Starshiptrooper schrieb:


> @Crytek09
> 
> Schon mal Bandicam ausprobiert?
> Bandicam - Aufnahmeprogramm für Spiele/Videos/Bildschirm
> ...



Werde ich auch mal testen. Danke schon mal für den Tipp.


----------



## Crytek09 (17. Januar 2013)

So ich habe mir für 25 Euro Action! von Mirillis gekauft mit Win 8 kompatible, sehr einfach zu bedienen und sogar noch bessere Quali als die von Fraps also wer Videos machen will sollte sich das mal angucken


----------



## Starshiptrooper (19. Januar 2013)

Merci für den Tip Crytek09.
Hab die Testversion mal probiert und ich denke Action dürfte derzeit das beste Tool zur Aufnahme von Spielen sein. Wenn man es getestet hat vergisst man Fraps sehr schnell. Bildquali und Performance um Längen besser. Aber auch Bandicam kann zumindest hinsichtlich der Videoquali nicht mithalten. B. hat halt den Vorteil, dass man mit der unregistrierten Version 10 Minuten ohne Ablauf einer Testphase aufnehmen kann. Nichtsdestotrotz habe ich mir Action auch zugelegt 
Und zumindest mir sagt, neben den vielen Einstellungsmöglichkeiten, dem ansprechenden User Interface, dem integrierten Videoplayer, dem integrierten Encoder, auch die Nvidia Cuda Unterstützung von Action sehr zu, da das Enkodieren ohne Einbußen an Qualität damit ratzfatz geht.
Und das alles für grad mal 25.- Euro.


----------



## CSOger (19. Januar 2013)

Ist der MSI Afterburner ne Alternative zu Fraps?
Habs noch nicht probiert,mit dem Tool kann man aber auch aufnehmen.


----------



## Starshiptrooper (19. Januar 2013)

@CSO

Kann dir jetzt nicht sagen ob es mit der neusten Version vom Afterburner überhaupt noch geht.
Ich hab ihn mal vor längerer Zeit mit einer älteren Version (Versionsnummer ist mir nicht mehr bekannt) getestet.
Ich kann nur noch sagen, dass er Resoourcenschonender beim Aufnehmen wie Fraps, allerdings die Bildqualität
auch nicht grad berauschend ist. Aber dafür kostet er auch nichts, was wieder für ihn spricht.
Fraps würde ich sowieso nicht benutzen. Die meisten, wie auch ich, Ingame starke Ruckler und die aufgenommenen
Videos auch nicht flüssig.

Mal ne Frage am Rande. Wie bist du mit deinem Mainboard von MSI zufrieden?
Hab nämlich zumindest in erweiterter Planung vor auf einen Ivy Bridge umzusteigen.
Und da stach mir das MB auch schon ins Auge


----------



## CSOger (19. Januar 2013)

Starshiptrooper schrieb:


> @CSO
> Mal ne Frage am Rande. Wie bist du mit deinem Mainboard von MSI zufrieden?
> Hab nämlich zumindest in erweiterter Planung vor auf einen Ivy Bridge umzusteigen.
> Und da stach mir das MB auch schon ins Auge


 
OK.
Werde das auch mal testen mit der Record Funktion.
Früher auch nur Fraps benutzt.

Ja...mit dem Brett bin ich zufrieden.
Nach langer Zeit mal wieder nen MSI verbaut.
Nur 2x SATA 6 GB/s könnte für manche Leute nen Kritikpunkt sein.
Sonst keine Probleme.
Stabil,Bios Updates kommen,läuft ohne zu zucken.
Sonst noch nicht viel getestet...noch relativ "frisch" das System,und kaum Zeit um es mal richtig zu "treten".

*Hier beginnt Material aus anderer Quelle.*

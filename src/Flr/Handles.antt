-- ===== src/Flr/Handles.antt =====
-- The handles and the modes of the schemas in crates/otap-flr-client/src/lib.rs.
use otap_signup_validator.Common.{
  ◌^◌, ◌<◌, ◌≡◌, refl, ap, arith, Bool, true, false, ◌==◌, if◌then◌else◌, ◌⊎◌, inl, inr,
}
use otap_signup_validator.Common.Int.{eq_ℤ}
use otap_signup_validator.Core.Dimensions.{IsCharge}
use otap_signup_validator.Csr.Writer.{schema_word_offset}
use otap_signup_validator.Csr.PayloadTable.{IsSchemaId}
use otap_signup_validator.Schema.Registry.{SchemaId, order_id, tick_id, heartbeat_id, payload_bytes}
use otap_signup_validator.Flr.{csr_handle_for_schema_id, oam_mode_of}

abbrev pub same_id : SchemaId → SchemaId → Bool
same_id t s = csr_handle_for_schema_id t == csr_handle_for_schema_id s

same_id-cases : (t s : SchemaId) → ((t ≡ s) × (same_id t s ≡ true)) ⊎ (same_id t s ≡ false)
same_id-cases order_id order_id = inl (refl, refl)
same_id-cases order_id tick_id = inr refl
same_id-cases order_id heartbeat_id = inr refl
same_id-cases tick_id order_id = inr refl
same_id-cases tick_id tick_id = inl (refl, refl)
same_id-cases tick_id heartbeat_id = inr refl
same_id-cases heartbeat_id order_id = inr refl
same_id-cases heartbeat_id tick_id = inr refl
same_id-cases heartbeat_id heartbeat_id = inl (refl, refl)

pub same_oam : (t s : SchemaId) → eq_ℤ (oam_mode_of t).charge (oam_mode_of s).charge ≡ same_id t s
same_oam order_id order_id = refl
same_oam order_id tick_id = refl
same_oam order_id heartbeat_id = refl
same_oam tick_id order_id = refl
same_oam tick_id tick_id = refl
same_oam tick_id heartbeat_id = refl
same_oam heartbeat_id order_id = refl
same_oam heartbeat_id tick_id = refl
same_oam heartbeat_id heartbeat_id = refl

-- What is chosen for a schema, by the schema that was programmed.
pub same_choice :
    {A : Type 0} (f : SchemaId → A) (t s : SchemaId) (otherwise : A)
    → (if same_id t s then f t else otherwise) ≡ (if same_id t s then f s else otherwise)
same_choice f t s otherwise = elim (same_id-cases t s) [
  | inl (e, same) ↦ rw same (ap f e)
  | inr differs ↦ rw differs refl
]

-- The constants of the schemas.
pub record InTables (s : SchemaId) : Type 0 where
  pub id : IsSchemaId (csr_handle_for_schema_id s)
  pub byte : csr_handle_for_schema_id s < 2 ^ 8
  pub charge : IsCharge (oam_mode_of s)
  pub half : payload_bytes s < 2 ^ 16
  pub low : schema_word_offset (csr_handle_for_schema_id s) < 0x100

pub in_tables : (s : SchemaId) → InTables s
unfolding payload_bytes
in_tables order_id = record {
  id = omega arith;
  byte = omega arith;
  charge = (omega arith, omega arith);
  half = omega arith;
  low = omega arith;
}
in_tables tick_id = record {
  id = omega arith;
  byte = omega arith;
  charge = (omega arith, omega arith);
  half = omega arith;
  low = omega arith;
}
in_tables heartbeat_id = record {
  id = omega arith;
  byte = omega arith;
  charge = (omega arith, omega arith);
  half = omega arith;
  low = omega arith;
}
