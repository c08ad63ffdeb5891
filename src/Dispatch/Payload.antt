-- ===== src/Dispatch/Payload.antt =====
-- The match of `apply_single_event_inner` over the payload types (src/apply.rs, src/event.rs), as the
-- `Writer` of Sync. SQL statements are taken to succeed. `lower` is `str::to_lowercase`,
-- `remote_items_digest` the digest of src/model.rs, and `decode` reads the payload from `payload_json`.
use stophammer.Common.{true, Option, List, String}
use stophammer.Sync.Log.{Event}
use stophammer.Sync.Apply.{Writer}
use stophammer.Index.Tables.{IndexDb}
use stophammer.Index.Events.{RowPayload}
use stophammer.Index.Apply.{apply_row_payload}
use stophammer.Blocks.Table.{FeedBlock, BlockDb, insert_feed_block, delete_feed_block}
use stophammer.Copies.Table.{
  CopySummary, Resolution, upsert_feed_copy_summary, set_feed_copy_resolution,
}
use stophammer.Copies.Record.{CopyObserved}
use stophammer.GuidChange.Table.{GuidChangeRow, GuidSupersessionRow, insert_guid_supersession}
use stophammer.GuidChange.Record.{
  GuidChangeObserved, GuidChangeDecided, apply_observed, apply_decided,
}
use stophammer.Dispatch.Observations.{FeedUrlObservation, upsert_feed_url_observation}

-- `BlockDb` holds the tables `feed_blocks` and `feed_copies`.
pub record NodeTables : Type 0 where
  pub index : IndexDb
  pub observations : List (String × FeedUrlObservation)
  pub block_db : BlockDb
  pub guid_changes : List (String × GuidChangeRow)
  pub supersessions : List (String × GuidSupersessionRow)

pub data EventPayload : Type 0 where
  artist_upserted : EventPayload
  artist_credit_created : EventPayload
  row_payload : RowPayload → EventPayload
  feed_url_observed : FeedUrlObservation → EventPayload
  feed_blocked : FeedBlock → EventPayload
  feed_unblocked : String → EventPayload
  feed_copy_observed : CopyObserved → EventPayload
  feed_copy_resolved : String → String → Resolution → EventPayload
  feed_guid_change_observed : GuidChangeObserved → EventPayload
  feed_guid_change_decided : GuidChangeDecided → EventPayload
  feed_guid_superseded : String → String → String → EventPayload

module _ (lower : String → String) (remote_items_digest : CopySummary → Option String) where
  unfoldable pub apply_payload : Event → EventPayload → NodeTables → NodeTables
  unfolding apply_row_payload upsert_feed_url_observation insert_feed_block delete_feed_block
      upsert_feed_copy_summary set_feed_copy_resolution apply_observed apply_decided
      insert_guid_supersession
  apply_payload ev artist_upserted t = t
  apply_payload ev artist_credit_created t = t
  apply_payload ev (row_payload p) t = record t { index = apply_row_payload t.index p }
  apply_payload ev (feed_url_observed p) t = record t {
    observations = upsert_feed_url_observation t.observations p.url p.feed_guid p.observed_at;
  }
  apply_payload ev (feed_blocked block) t = record t {
    block_db = (insert_feed_block lower t.block_db block).0;
  }
  apply_payload ev (feed_unblocked block_id) t = record t {
    block_db = record t.block_db {
      blocks = (delete_feed_block lower t.block_db.blocks block_id).0;
    };
  }
  apply_payload ev (feed_copy_observed p) t = record t {
    block_db = record t.block_db {
      copies =
          upsert_feed_copy_summary t.block_db.copies p.feed_guid p.url p.first_seen p.summary
            p.digest (remote_items_digest p.summary);
    };
  }
  apply_payload ev (feed_copy_resolved feed_guid url resolution) t = record t {
    block_db = record t.block_db {
      copies = set_feed_copy_resolution t.block_db.copies feed_guid url resolution;
    };
  }
  apply_payload ev (feed_guid_change_observed p) t = record t {
    guid_changes = apply_observed p t.guid_changes;
  }
  apply_payload ev (feed_guid_change_decided p) t = record t {
    guid_changes = apply_decided p t.guid_changes;
  }
  apply_payload ev (feed_guid_superseded old_guid new_guid source_url) t = record t {
    supersessions =
        insert_guid_supersession t.supersessions old_guid new_guid source_url ev.created_at;
  }

  unfoldable pub payload_writer : (Event → Option EventPayload) → Writer NodeTables EventPayload
  unfolding apply_payload
  payload_writer decode = record { decode = decode; write = λ ev p t. (apply_payload ev p t, true) }
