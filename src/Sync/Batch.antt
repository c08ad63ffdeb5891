-- ===== src/Sync/Batch.antt =====
-- The loop of `apply_events` in src/apply.rs: what each event keeps, the batch keeps.
use stophammer.Common.{
  ℕ, ◌≡◌, refl, sym, subst, Bool, true, false, not, Option, none, some, List, [], ◌∷◌, select,
  length, All, Bool-cases, inl, inr, arith, if◌then◌else◌,
}
use stophammer.Common.Int.{ℤ, pos, ltb_ℤ}
use stophammer.Sync.Log.{Event, insert_event_idempotent}
use stophammer.Sync.Apply.{
  Writer, Replica, ApplyOutcome, applied, duplicate, failed, write_payload, after_insert,
  apply_single_event_inner, move_cursor, Batch, count_event, apply_batch, commit_batch, start,
  no_events, reject, is_empty, apply_events,
}

module _ {Tables Payload : Type 0} (w : Writer Tables Payload) where
  pub inner-log :
      (db : Replica Tables) (ev : Event)
      → (apply_single_event_inner w db ev).0.log ≡ (insert_event_idempotent db.log ev).0
  unfolding apply_single_event_inner
  inner-log db ev = by_insert (insert_event_idempotent db.log ev)
    where
      by_decode :
          (db2 : Replica Tables) (seq : ℤ) (o : Option Payload)
          → (write_payload w db2 ev seq o).0.log ≡ db2.log
      by_decode db2 seq none = refl
      by_decode db2 seq (some p) = refl

      by_insert : (r : List Event × Option ℤ) → (after_insert w db ev r).0.log ≡ r.0
      by_insert (log, none) = refl
      by_insert (log, some seq) = by_decode _ seq (w.decode ev)

  pub count_event-db :
      (ev : Event) (b : Batch w) (r : Replica Tables × ApplyOutcome)
      → (count_event w ev b r).db ≡ r.0
  count_event-db ev b (db, applied seq) = refl
  count_event-db ev b (db, duplicate) = refl
  count_event-db ev b (db, failed) = refl

  -- What each event of a batch keeps of the replica, the whole batch keeps.
  module _ (P : Replica Tables → Type 0) (Q : Event → Type 0)
      (step : (db : Replica Tables) (ev : Event)
        → Q ev
        → P db
        → P (apply_single_event_inner w db ev).0) where
    apply_batch-keeps :
        (b c : Batch w) (events : List Event)
        → All Q events
        → P b.db
        → apply_batch w b events ≡ some c
        → P c.db
    unfolding apply_batch
    apply_batch-keeps b c [] q p e = let same : b ≡ c = ground arith in subst (λ x. P x.db) same p
    apply_batch-keeps b c (ev ∷ rest) q p e =
        apply_batch-keeps (count_event w ev b (apply_single_event_inner w b.db ev)) c rest q.1
          (subst P (sym (count_event-db ev b (apply_single_event_inner w b.db ev)))
            (step b.db ev q.0 p))
          (ground arith)

    pub apply_events-keeps :
        (verify : Event → Bool) (now : ℤ) (commits : Bool) (db : Replica Tables)
        (events : List Event)
        → ((seq : ℤ) (x : Replica Tables)
            → ltb_ℤ (pos 0) seq ≡ true
            → P x
            → P (move_cursor w now seq x))
        → All Q (select verify events)
        → P db
        → P (apply_events w verify now commits db events).0
    unfolding apply_events
    apply_events-keeps verify now commits db events mv q p =
        by_empty (is_empty w (select verify events))
      where
        n_bad : ℕ
        n_bad = length (select (λ e. not (verify e)) events)

        batch : Option (Batch w) → Replica Tables
        batch o = (commit_batch w now db n_bad (length (select verify events)) o).0

        by_result :
            (o : Option (Batch w))
            → apply_batch w (start w db) (select verify events) ≡ o
            → P (batch o)
        by_result none e = p
        by_result (some b) e =
            let kept : P b.db = apply_batch-keeps (start w db) b (select verify events) q p e in
            elim (Bool-cases (ltb_ℤ (pos 0) b.max_primary_seq)) [
              | inl h ↦ rw h (mv b.max_primary_seq b.db h kept)
              | inr h ↦ rw h kept
            ]

        by_commit :
            (c : Bool)
            → P (batch (if c then apply_batch w (start w db) (select verify events) else none))
        by_commit true = by_result (apply_batch w (start w db) (select verify events)) refl
        by_commit false = p

        by_empty :
            (b : Bool)
            → P
                (if b
                  then (db, reject w n_bad (no_events w))
                  else commit_batch w now db n_bad (length (select verify events)) (
                      if commits
                      then apply_batch w (start w db) (select verify events)
                      else none)).0
        by_empty true = p
        by_empty false = by_commit commits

Alles andere dann lieber in nen anderen Thread.
Gibt so einige hier die das Board haben.


----------



## Starshiptrooper (20. Januar 2013)

Merci für die Antwort!


----------



## Sraw (21. Januar 2013)

Mit Msi Afterburner kann man noch aufnehmen und das in guter Quallität.


----------



## Crytek09 (21. Januar 2013)

Starshiptrooper schrieb:


> Merci für den Tip Crytek09.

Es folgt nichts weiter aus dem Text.